If you can do it in a year, you've won. But if you start with $1 then after
one year you have $2, then the next year you have $4, etc. It takes less time
if you take a $1000 loan and turn that into $2000. Of course turning $1000
into $2000 is harder than $1 into $2, so take a loan as big as you can still
double ;)

------
Shenglong
I don't know how legitimate this is, but I used an interesting AdWords
strategy to gather users. The normal strategy is to use a minimal bid in a
certain area, and create an attractive ad that gets people to click. However,
this costs money, as you pay based on a per-click basis.

What I wanted to do, was generate a lot of awareness. When people are aware of
your product and see it advertised everywhere, it's more likely they'll check
you out. If they happen to check you out after hearing from a friend, it won't
even be an ad-referral, and it won't cost you a cent. How do you create
awareness without using money?

I have no basis for saying this, and my only proof is a very successful
campaign that I ran doing this. Since I've shut my project down, the trade
secret isn't very useful anymore. I think there's an innate appeal for certain
ads. A lot of ads make it blatantly obvious that they're there, but just
doesn't make you want to click. Not because the product looks bad - but I just
don't want to click some ads. I know a lot of friends also have this feeling,
and a small study I conducted confirmed this.

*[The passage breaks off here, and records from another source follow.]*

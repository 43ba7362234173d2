-- ===== src/Examples/Stores.antt =====
-- The chunk store at concrete values: a put whose rename fails, one that succeeds, and a get.
use soal.Base.{Bytes, [], ◌∷◌, replicate, none, some}
use soal.Content.{ContentHash}
use soal.Examples.Crates.{hex, blake3, sum_hash-IsArray}
use soal.Map.{lookup}
use soal.Disk.{Disk}
use soal.Disk.Triples.{After}
use soal.Store.{tmp_for, put_verified}
use soal.Store.Put.{PutDone, Elsewhere, put_verified-PutDone}
use soal.Store.Sound.{IsSound, put_verified-IsSound}

abbrev chunk : Bytes
chunk = 10 ∷ 20 ∷ 30 ∷ []

abbrev name : ContentHash
name = 3 ∷ replicate 31 0

-- The fourth call of a put is the move.
abbrev failing : Disk
failing = record { files = []; faults = none ∷ none ∷ none ∷ some 0 ∷ [] }

put_verified-PutDone_example :
    After
      (PutDone hex blake3 name chunk failing)
      (Elsewhere (tmp_for hex blake3 name) [])
      (put_verified hex blake3 name chunk failing)
put_verified-PutDone_example = put_verified-PutDone hex blake3 name chunk failing

no_files-IsSound : IsSound hex blake3 []
unfolding lookup
no_files-IsSound h bytes a e = absurd cc

put_verified-IsSound_example :
    IsSound hex blake3 (put_verified hex blake3 name chunk failing).1.files
put_verified-IsSound_example =
    put_verified-IsSound hex blake3 name chunk failing (sum_hash-IsArray chunk) no_files-IsSound
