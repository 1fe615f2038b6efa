-- ===== src/Postgres/Denied.antt =====
-- The permissions of the PostgreSQL backend.
use dazeus_core.Base.{◌≡◌, refl, Bool, true, is_empty, if◌then◌else◌, Option, none, some}
use dazeus_core.Text.{Str, str_eq, lit}
use dazeus_core.Requests.{Outcome, returns, throws, crashes}
use dazeus_core.Sqlite.Rows.{Tables}
use dazeus_core.Postgres.{
  Server, prepared_as, bootstrap_names, asked_name, unless, exec, send_named, reading,
  ask_permission,
}

-- a call that throws and leaves the tables
abbrev pub Denies : {A : Type 0} → Tables → Tables × Outcome A → Type 0
Denies t (t', returns a) = ⊥
Denies t (t', throws why) = t' ≡ t
Denies t (t', crashes why) = ⊥

-- The statement that hasPermission asks for is not among those that were prepared: it throws, whatever
-- permissions are stored and whatever the default is.
pub ask_permission-Denies :
    (v : Server) (t : Tables) (name network receiver sender : Str) (default_permission : Bool)
    → Denies t (ask_permission v t name network receiver sender default_permission)
unfolding ask_permission exec send_named reading prepared_as bootstrap_names lit str_eq
ask_permission-Denies v t name network receiver sender default_permission = thrown v.start
  where
    thrown :
        (o : Option Str)
        → Denies t (
            reading v t
              (unless o (throws (v.unknown asked_name)))
              (λ found. if is_empty found then default_permission else true))
    thrown none = refl
    thrown (some msg) = refl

My strategy was this: Bid minimal amounts after researching bids in certain
areas, and create an ad that shoves its name, and possibly basic idea into an
user's face. However, do not provide any incentive to click - at all. In fact,
make it ugly, but not ugly enough to make your product or service seem bad.
This is tricky, and takes some getting used to. The end result is a very LOW
conversion rate (usually considered as a failure) - which is exactly what we
want. I've gotten a bunch of repeat impressions onto users, without having to
pay for them. If they happen to hear about it from a friend, they're now much
more likely to check it out, because they're familiar with the name.

I've come up with a bunch of strategies like this, and I really wish I wrote
them all down so I could share them. Maybe they're terrible... feel free to
tell me it's a terrible idea. It may not work in all business areas, and I'd
love to get some feedback.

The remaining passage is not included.